Brenda Wysong and daughter Abigail demonstrate across the street from a marriage equality rally Saturday at City Hall in Chattanooga. Brenda Wysong said she was there because of her faith. "God hates homosexuality," Wysong said. "It's not that he hates the people, it's that he hates the sin."
Dee Whiddon with daughter Allie, 2, at a protest to counter "Traditional Marriage Day," recognized by Tenn. by state legislation, and promote marriage equality on Saturday at City Hall in Chattanooga, Tenn. Whiddon said it was important for her to attend the rally to show people that her family is part of the community. "We're just normal like everybody," Whiddon said.
SAME-SEX COUPLES IN TENNESSEE
Number of same sex couples statewide: 10,898; 4.4 per 1,000 households
Same-sex couples in Hamilton County: 688, 5.03 per 1,000 households
Same-sex husband/wife couples statewide: 1,959, 1.6 per 1,000 households
Same-sex unmarried partner couples: 8,939
Female same-sex couples: 5,844; 54 percent of all same-sex couples
Male same-sex couples: 5,053; 46 percent of all same-sex couples
Source: Tennessee U.S. Census snapshot data, 2010; The Williams Institute, UCLA School of Law
On the one hand, a clenched rainbow fist: solidarity for gays in Hamilton County.
In another, a scythe. Death is for those who hate God.
That was outside Chattanooga City Hall on Saturday in blistering heat, the last and hottest day of August.
"We don't believe the state should discriminate against its citizens," said Marcus Ellsworth, one of the organizers of the rally for equal rights.
Area gay rights activists and leaders rallied outside City Hall to say equality is for everyone and that the "Traditional Marriage Day" resolution passed by the state Legislature in April is discriminatory. Ellsworth said gay residents wanted to voice disapproval of the decision.
Nearby, local Christian activist Charles Wysong stood with a few supporters.
"They are very childlike," Wysong said.
He stood in the street, striking a William Jennings Bryanesque figure from the summer of 1925 -- dress pants, white button-up, long sleeves and tie -- wiping sweat from his forehead with a plain white handkerchief.
Occasionally he would stop in mid-sentence to run off folks heckling a figure dressed as the Grim Reaper, standing nearby like a Dickens character.
"They claim to be so tolerant. They are probably the most intolerant people," Wysong said.
Ellsworth doesn't believe the gay community is intolerant or bullies nongays.

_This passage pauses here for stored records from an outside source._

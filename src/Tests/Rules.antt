-- ===== src/Tests/Rules.antt =====
-- Windows/src/pb_rules.c: the rule engine and the rule API on small inputs.
use proxy_bridge.Prelude.{
  ap, ℕ, Bool, true, false, ◌≡◌, ◌≢◌, ◌↔◌, refl, List, [], ◌∷◌, Option, none, some, Bytes, codes,
  arith,
}
use proxy_bridge.Rules.{
  RuleAction, proxy, direct, block, RuleProtocol, tcp, both, ProcessRule, Flow, judge,
  filters_match, match_domain_filter, rule_has_domain_filter,
}
use proxy_bridge.Rules.Walk.{RuleTable, walk, match_rule, match_rule_v6}
use proxy_bridge.Rules.Walk.FirstMatch.{Decides, walk-Decides}
use proxy_bridge.Rules.Walk.Dns.{match_rule_dns_off}
use proxy_bridge.Rules.Store.{
  RuleStore, RuleArgs, ok, null_pointer, move_rule_to_position, unlink_first, insert_after,
  disable_rule, change_first, add_rule,
}
use proxy_bridge.Pattern.TokenList.{
  unrestricted, parse_token_list, list_copy, any_token, skip_whitespace,
}
use proxy_bridge.Pattern.Process.{match_process_list, match_process_pattern, clean_process}
use proxy_bridge.Pattern.Port.{match_port_list}
use proxy_bridge.CText.{equal_fold, behind_last}
use proxy_bridge.CText.Tokens.{tokens}
use proxy_bridge.Rules.Store.Order.{IsLoneMove, move_rule-null_pointer}
use proxy_bridge.Rules.Store.Moved.{Moved, move_rule-Moved}
use proxy_bridge.Conntrack.Direct.{DirectKey, remember_all, udp_direct_cached}
use proxy_bridge.Policy.{step-udp_direct_cached}
use proxy_bridge.Rules.Store.Flags.{StoreInv}
use proxy_bridge.Rules.Store.Calls.{
  Call, adds, disables, moves, run, run-StoreInv, Renewed, step-Renewed,
}

abbrev plenty : ℕ → Bool
plenty n = true

abbrev rule : ℕ → Bytes → RuleAction → RuleProtocol → Bool → ProcessRule
rule id name action protocol enabled = record {
  rule_id = id;
  process_name = name;
  target_hosts = codes "*";
  target_ports = codes "*";
  target_domains = codes "*";
  protocol = protocol;
  action = action;
  proxy_config_id = 1;
  enabled = enabled;
}

abbrev browser : ProcessRule
browser = rule 1 (codes "chrome.exe") proxy tcp true

abbrev catch_all : ProcessRule
catch_all = rule 2 (codes "*") block both true

abbrev switched_off : ProcessRule
switched_off = rule 3 (codes "chrome.exe") direct both false

abbrev three : List ProcessRule
three = catch_all ∷ switched_off ∷ browser ∷ []

abbrev flow_of : Bytes → ℕ → Bool → Flow
flow_of process port is_udp = record {
  hosts = λ list. true;
  process = process;
  dest_port = port;
  is_udp = is_udp;
  domain = none;
  proxy_udp_dns = true;
  malloc = plenty;
}

program : Unit {0}
unfolding walk judge unrestricted parse_token_list match_process_list any_token list_copy tokens
    match_process_pattern clean_process skip_whitespace equal_fold behind_last filters_match
    match_domain_filter match_port_list
program = tt

-- The catch-all stands first and still comes last.
chrome_is_proxied : walk (flow_of (codes "C:\\Chrome.EXE") 443 false) none three ≡ (proxy, 1)
unfolding program
chrome_is_proxied = refl

others_are_blocked : walk (flow_of (codes "D:\\curl.exe") 443 false) none three ≡ (block, 1)
unfolding program
others_are_blocked = refl

walk-Decides_example :
    Decides
      (flow_of (codes "chrome.exe") 443 false)
      three
      (walk (flow_of (codes "chrome.exe") 443 false) none three)
walk-Decides_example = walk-Decides (flow_of (codes "chrome.exe") 443 false) three

abbrev dns_off : RuleTable
dns_off = record { rules = three; has_domain_rules = false; proxy_udp_dns = false; malloc = plenty }

match_rule_dns_off_example :
    ((match_rule dns_off none (codes "chrome.exe") 134744072 53 true).0 ≢ proxy)
    × ((match_rule_v6 (λ s. none) dns_off none (codes "chrome.exe") [] 53 true).0 ≢ proxy)
match_rule_dns_off_example =
    match_rule_dns_off (λ s. none) dns_off none (codes "chrome.exe") 134744072 [] refl

-- The store before any call, and the arguments of two rules.
abbrev initial : RuleStore
initial = record {
  rules = [];
  next_rule_id = 1;
  has_active_rules = false;
  has_domain_rules = false;
  udp_generation = 1;
  running = true;
  dns_flushes = 0;
}

abbrev args : Bytes → Option Bytes → RuleAction → RuleArgs
args name domains action = record {
  process_name = some name;
  target_hosts = none;
  target_ports = some [];
  target_domains = domains;
  protocol = tcp;
  action = action;
  proxy_config_id = 1;
}

abbrev history : List ((ℕ → Bool) × Call)
history =
    (plenty, adds (args (codes "chrome.exe") none proxy))
    ∷ (plenty, adds (args (codes "*") (some (codes "*.corp")) direct))
    ∷ (plenty, disables 1)
    ∷ (plenty, moves 2 1)
    ∷ []

abbrev corporate : ProcessRule
corporate = record (rule 2 (codes "*") direct tcp true) { target_domains = codes "*.corp" }

abbrev final : RuleStore
final = record {
  rules = corporate ∷ record browser { enabled = false } ∷ [];
  next_rule_id = 3;
  has_active_rules = true;
  has_domain_rules = true;
  udp_generation = 5;
  running = true;
  dns_flushes = 1;
}

run-history : run initial history ≡ ok final
unfolding run move_rule_to_position unlink_first insert_after disable_rule change_first add_rule
    rule_has_domain_filter unrestricted
run-history = refl

initial-StoreInv : StoreInv initial
initial-StoreInv = record { active = refl; domain = refl; good = (tt, tt); next_pos = omega arith }

run-StoreInv_example : StoreInv final
run-StoreInv_example = run-StoreInv initial final history (omega arith) initial-StoreInv run-history

abbrev lone : RuleStore
lone = record initial { rules = browser ∷ []; next_rule_id = 2; has_active_rules = true }

-- The only rule is moved to the second place.
move_rule-null_pointer_example :
    (move_rule_to_position lone 1 2 ≡ null_pointer) ↔ IsLoneMove lone 1 2
move_rule-null_pointer_example = move_rule-null_pointer lone 1 2

abbrev ordered : RuleStore
ordered = record initial { rules = three; next_rule_id = 4; has_active_rules = true }

abbrev reordered : RuleStore
reordered = record ordered { rules = switched_off ∷ browser ∷ catch_all ∷ []; udp_generation = 2 }

move_rule-Moved_example : Moved ordered reordered 2 9
unfolding move_rule_to_position unlink_first insert_after
move_rule-Moved_example =
    move_rule-Moved ordered reordered 2 9 ((refl, (refl, tt)), ((refl, tt), (tt, tt))) refl

step-Renewed_example : Renewed ordered reordered
unfolding run move_rule_to_position unlink_first insert_after
step-Renewed_example = step-Renewed ordered reordered (plenty, moves 2 9) refl

abbrev flow : DirectKey
flow = record {
  ipv6 = false;
  source = 10 ∷ 0 ∷ 0 ∷ 2 ∷ [];
  source_port = 5000;
  destination = 8 ∷ 8 ∷ 8 ∷ 8 ∷ [];
  destination_port = 443;
}

abbrev first_id : List ProcessRule → ℕ
first_id [] = 0
first_id (r ∷ rs) = r.rule_id

other_order : reordered.rules ≢ ordered.rules
other_order e = absurd (omega (arith, ap first_id e))

step-udp_direct_cached_example :
    udp_direct_cached (remember_all ((1, 10, flow) ∷ [])) 2 20 flow ≡ false
unfolding run move_rule_to_position unlink_first insert_after
step-udp_direct_cached_example =
    step-udp_direct_cached ordered reordered (plenty, moves 2 9) 20 flow ((1, 10, flow) ∷ []) refl
      other_order (omega arith) (refl, refl) ((refl, refl), tt) (omega arith, tt)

"We're not taking anyone's beliefs away from them," he said. "We don't want to step on anyone's freedoms."
From a lectern at the top of City Hall's entrance stairway, Ellsworth encouraged the crowd that huddled in the shade of the annex building across 11th Street. He spoke about his personal relationship, sharing a bed with another man and feeling the same love as a heterosexual couple feels.
Wysong wiped his head. Comments like that are "disagreeable," he said.
But he doesn't hate homosexuals, he said.
"I don't hate them," Wysong said. "They say I hate them."
Ellsworth doesn't think Wysong hates gays. And he doesn't hate the Christian activists who stood at the rally all day with signs warning gays that their lifestyle is unpleasing to God.
"They're free to do what they want," Ellsworth said -- precisely the designation he wants in Tennessee: freedom to have a legally recognized relationship.
"We're not just an idea. We're not just a concept. We're actual, living human beings," he said. In the wake of the 50-year commemoration of the Rev. Martin Luther King Jr.'s "I Have a Dream" speech, he wants civil rights extended to gay Americans, too.
Part of the Saturday rally was Chattanooga City Councilman Chris Anderson, an openly gay elected official, and his push to get same-sex spouse benefits for city employees. The city of Collegedale voted in August to give benefits to married same-sex couples. It was the first city in Tennessee to do so.
Anderson spoke briefly Saturday and said sexual orientation doesn't matter. What's important is the good that residents can do in the community, and that isn't defined by whether someone is gay or straight, he said.
Applause and hoots. One pocket of boos near Wysong's people.
Chattanooga isn't alone in its struggle to find a way through this debate.
Things reached a fever pitch in the summer of 2012 when Chick-fil-A President Dan Cathey publicly voiced opposition to gay marriage. IRS officials just released new rules that grant married, gay couples the same filing status and tax benefits as married, non-gay couples, regardless whether their state of residence acknowledges gay marriage or not.
Many conservative groups are outraged.
It's not the America Wysong grew up in. It's not the Chattanooga Ellsworth knew 10 years ago. It's somewhere in between, partially lost in transition.
Neither would have predicted a decade ago that on the steps of City Hall, gay men and women would openly and proudly declare their orientation and demand equality.
But it's the new reality, and neither are sure of its inertia.
"I think we're getting there," Ellsworth said.
Wysong, in a way, agrees, but for a different outcome.
"I believe in an almighty God, and he will stop it," he said.